I asked Niki, who used to work for Buckeye, and she told me, the important thing was that your mineral block be made by the company you get your feed from, i.e. Buckeye Feed makes their own mineral block, as do other companies. She said that if you don't do that, you can be giving them too much of various minerals. I was told that you need .. as an example ... vitamin D.... but if you have too much of it... it can cause other problems, and that person was talking about people and vitamins and how we have to be careful not to overdose on vitamin D or A. I'm clueless on this subject, but I wanted to pass it on anyway.

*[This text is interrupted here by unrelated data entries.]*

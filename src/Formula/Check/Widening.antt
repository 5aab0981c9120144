-- ===== src/Formula/Check/Widening.antt =====
-- `unify` of packages/formula/src/check.ts, over many branches: all of them widen to the type that it
-- gives, which is a number type where they are numbers or null.
use salesmaker.Base.{
  ◌≡◌, refl, Bool, true, false, ◌&&◌, Option, none, some, List, [], ◌∷◌, arith, if◌then◌else◌,
}
use salesmaker.Formula.Syntax.{Span, FormulaType, null_type, ErrorCode, ok, fail}
use salesmaker.Formula.Types.{type_eq, is_numeric, TypedNode, type_of}
use salesmaker.Formula.Tables.{implies, every_type, every_type_sound, every_two, every_two_sound}
use salesmaker.Formula.Post.{Post, returns, throws, ◌⟫◌, weaken}
use salesmaker.Formula.Rules.{joined, unify, unify_from, unify_all}
use salesmaker.Formula.Check.Results.{widens, all_widen, numeric_or_null}

pub both_true : {a b : Bool} → a ≡ true → b ≡ true → (a && b) ≡ true
both_true h k = ground arith

pub first_true : (a b : Bool) → (a && b) ≡ true → a ≡ true
first_true a b h = ground arith

pub second_true : (a b : Bool) → (a && b) ≡ true → b ≡ true
second_true a b h = ground arith

-- What `unify` does to the two types.
join_rule : FormulaType → FormulaType → Option FormulaType → Bool
join_rule a b none = true
join_rule a b (some c) =
    widens a c && widens b c && implies (numeric_or_null a && numeric_or_null b) (numeric_or_null c)

join_rules : every_two (λ a b. join_rule a b (unify a b)) ≡ true
unfolding every_two every_type join_rule unify
join_rules = refl

trans_rules :
    every_type (λ a. every_two (λ b c. implies (widens a b && widens b c) (widens a c))) ≡ true
unfolding every_two every_type
trans_rules = refl

widens_trans : (a b c : FormulaType) → widens a b ≡ true → widens b c ≡ true → widens a c ≡ true
widens_trans a b c h k =
    let t : implies (widens a b && widens b c) (widens a c) ≡ true =
      every_two_sound (λ b c. implies (widens a b && widens b c) (widens a c))
        (every_type_sound (λ a. every_two (λ b c. implies (widens a b && widens b c) (widens a c)))
          trans_rules a)
        b c in
    ground arith

self_rules : every_type (λ a. widens a a) ≡ true
unfolding every_type
self_rules = refl

pub widens_refl : (a : FormulaType) → widens a a ≡ true
widens_refl = every_type_sound (λ a. widens a a) self_rules

-- `c` is a type to which `a` and `b` widen, a number or null where they are.
abbrev Joins : FormulaType → FormulaType → FormulaType → Type 0
Joins a b c =
    (widens a c ≡ true)
    × (widens b c ≡ true)
    × (numeric_or_null a ≡ true → numeric_or_null b ≡ true → numeric_or_null c ≡ true)

unify-Joins : (a b c : FormulaType) → unify a b ≡ some c → Joins a b c
unfolding join_rule
unify-Joins a b c e =
    let h : join_rule a b (unify a b) ≡ true =
      every_two_sound (λ a b. join_rule a b (unify a b)) join_rules a b in
    joins (rw e at h)
  where
    joins : join_rule a b (some c) ≡ true → Joins a b c
    joins h = (ground arith, ground arith, λ p q. ground arith)

joined-Post :
    (o : Option FormulaType) (t : FormulaType) (n : TypedNode)
    → Post (λ u. o ≡ some u) (joined o t n)
joined-Post none t n = throws
joined-Post (some u) t n = returns refl

abbrev pub all_numeric : List TypedNode → Bool
all_numeric [] = true
all_numeric (n ∷ ns) = numeric_or_null (type_of n) && all_numeric ns

abbrev Covers : FormulaType → List TypedNode → FormulaType → Type 0
Covers t ns u =
    (widens t u ≡ true)
    × (all_widen ns u ≡ true)
    × (numeric_or_null t ≡ true → all_numeric ns ≡ true → numeric_or_null u ≡ true)

unify_from-Covers : (t : FormulaType) (ns : List TypedNode) → Post (Covers t ns) (unify_from t ns)
unfolding unify_from
unify_from-Covers t [] = returns (widens_refl t, refl, λ p q. p)
unify_from-Covers t (n ∷ ns) = joined-Post (unify t (type_of n)) t n ⟫ λ u e.
    let j : Joins t (type_of n) u = unify-Joins t (type_of n) u e in
    weaken
      (λ v (c : Covers u ns v). (
        widens_trans t u v j.0 c.0,
        both_true (widens_trans (type_of n) u v j.1 c.0) c.1,
        λ p q. c.2 (j.2 p (first_true _ _ q)) (second_true _ _ q),
      ))
      (unify_from-Covers u ns)

-- `h.unify`: all branches widen to the type, which is not null.
abbrev pub Unifies : List TypedNode → FormulaType → Type 0
Unifies ns u = (all_widen ns u ≡ true) × (all_numeric ns ≡ true → is_numeric u ≡ true)

numeric_type :
    (u : FormulaType) → type_eq u null_type ≡ false → numeric_or_null u ≡ true → is_numeric u ≡ true
numeric_type u h k = ground arith

pub unify_all-Unifies : (ns : List TypedNode) (s : Span) → Post (Unifies ns) (unify_all ns s)
unfolding unify_all
unify_all-Unifies ns s = unify_from-Covers null_type ns ⟫ λ u c. typed u c _ refl
  where
    typed :
        (u : FormulaType)
        → Covers null_type ns u
        → (b : Bool) → type_eq u null_type ≡ b
        → Post (Unifies ns) (if b then fail ErrorCode.cannot_infer_type s else ok u)
    typed u c true e = throws
    typed u c false e = returns (c.1, λ k. numeric_type u e (c.2 refl k))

So.. for what it's worth... that's my two cents.... probably not even worth that, but might give you a starting point for discussion with your feed store people or your vet.

God Bless,

Lynn Weed


----------



## nootka (Nov 16, 2005)

Lynn is right. Your salt or mineral block should be dictated by what else your horse is eating.

Read the labels on the feed you use, and perhaps consult your veterinarian and/or your feed store or better yet, call the nutrition experts that work for the feed company you use. Many times they can help you determine what supplements to use.

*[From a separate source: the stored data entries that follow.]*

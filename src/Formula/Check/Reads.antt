-- ===== src/Formula/Check/Reads.antt =====
-- The helpers of packages/formula/src/check.ts: the arguments that they read, and what they see to.
use salesmaker.Base.{
  ◌≡◌, refl, Bool-cases, inl, inr, ℕ, zero, suc, ◌<◌, Bool, true, false, some, List, [], ◌∷◌, arith,
  length, get_elem?, if◌then◌else◌,
}
use salesmaker.Base.Text.{Text}
use salesmaker.Formula.Syntax.{ErrorCode, FormulaType, text_type, Result}
use salesmaker.Formula.Types.{type_eq, TypedNode, literal, type_of}
use salesmaker.Formula.Post.{Post, returns, throws, ◌⟫◌, weaken}
use salesmaker.Formula.Check.Results.{field_first, numeric_or_null}
use salesmaker.Formula.Check.Widening.{both_true, all_numeric}
use salesmaker.Formula.Rules.{
  expect_type, expect_numeric, expect_field, expect_literal, each_arg, arg, present, expect_exactly,
}

-- The call returns a value of some kind or throws a formula error.
abbrev pub Done : {A : Type 0} → Result A → Type 0
Done {A} = Post {A = A} (λ _. Unit {0})

pub Post-if :
    {A : Type 0} {P : A → Type 0} (b : Bool) {r s : Result A}
    → Post P r
    → Post P s
    → Post P (if b then r else s)
Post-if true h k = h
Post-if false h k = k

pub Done-if : {A : Type 0} (b : Bool) {r s : Result A} → Done r → Done s → Done (if b then r else s)
Done-if true h k = h
Done-if false h k = k

pub expect_type-Done : (n : TypedNode) (ts : List FormulaType) → Done (expect_type n ts)
unfolding expect_type
expect_type-Done n ts = Done-if _ (returns tt) (Done-if _ throws throws)

abbrev IsNumeric : TypedNode → Type 0
IsNumeric n = numeric_or_null (type_of n) ≡ true

pub expect_numeric-IsNumeric : (n : TypedNode) → Post (λ _. IsNumeric n) (expect_numeric n)
unfolding expect_numeric
expect_numeric-IsNumeric n = elim (Bool-cases (numeric_or_null (type_of n))) [
  | inl e ↦ rw (e, expect_numeric) (returns refl)
  | inr e ↦ rw (e, expect_numeric) (Post-if _ throws throws)
]

-- A field, as the first argument.
abbrev pub IsField : TypedNode → Type 0
IsField n =
    (p : FormulaType → Bool)
    → p (type_of n) ≡ true
    → (ns : List TypedNode) → field_first (n ∷ ns) p ≡ true

pub expect_field-IsField :
    (n : TypedNode) (name : Text) → Post (λ _. IsField n) (expect_field n name)
unfolding expect_field
expect_field-IsField (TypedNode.field _ _ _) name = returns (λ p h ns. h)
expect_field-IsField _ name = throws

pub expect_literal-Done : (n : TypedNode) (name : Text) → Done (expect_literal n name)
unfolding expect_literal
expect_literal-Done (literal text_type v s) name = returns tt
expect_literal-Done _ name = throws

pub expect_exactly-Done :
    (t : FormulaType) (c : ErrorCode) (n : TypedNode) → Done (expect_exactly t c n)
unfolding expect_exactly
expect_exactly-Done t c n = Done-if (type_eq (type_of n) t) (returns tt) throws

pub each_arg-Done :
    (test : TypedNode → Result (Unit {0})) (ns : List TypedNode)
    → ((n : TypedNode) → Done (test n))
    → Done (each_arg test ns)
unfolding each_arg
each_arg-Done test [] h = returns tt
each_arg-Done test (n ∷ ns) h = h n ⟫ λ _ _. each_arg-Done test ns h

pub all_arg-numeric :
    (ns : List TypedNode) → Post (λ _. all_numeric ns ≡ true) (each_arg expect_numeric ns)
unfolding each_arg
all_arg-numeric [] = returns refl
all_arg-numeric (n ∷ ns) =
    expect_numeric-IsNumeric n ⟫ λ _ h. weaken (λ _ k. both_true h k) (all_arg-numeric ns)

get_elem?-present :
    (ns : List TypedNode) (i : ℕ)
    → i < length ns
    → Post (λ a. get_elem? ns i ≡ some a) (present (get_elem? ns i))
get_elem?-present [] i h = absurd (omega arith)
get_elem?-present (n ∷ ns) zero h = returns refl
get_elem?-present (n ∷ ns) (suc i) h = get_elem?-present ns i (omega arith)

pub arg-is :
    (ns : List TypedNode) (i : ℕ) → i < length ns → Post (λ a. get_elem? ns i ≡ some a) (arg ns i)
unfolding arg
arg-is ns i h = get_elem?-present ns i h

The feed that I use, LMF, suggests a salt only block since the feed contains the minerals they actually need (provided I am feeding the ideal amount for their weight), and feeding a mineral block would create a possible overload or imbalance.







Your vet really should be able to help you figure out a good plan for your horse and area, also your feed type.

Liz M.


----------



## Margaret (Nov 16, 2005)

Well Ive been told by the vets to get the large 12-12 block that contains "minerals only" by Purina- (no salt added), and provide a "seperate salt block" (white) on the side..You can never tell what your soil, is lacking or horse is needing, but the horse can access the mineral block only, and get just what he or she needs, to make up the difference. This way they are not "forced" to take salt with their minerals, and visa versa. They are more inclined to take as much, or just what they need.. You will need to call around in your area first to see what feed store is a "Purina Distributator" to see where to go to get the 12- 12 mineral -only block, made just for horses. Not all feed stores carry the Purina 12-12 mineral block. You can get a hook over the fence holder for it as well.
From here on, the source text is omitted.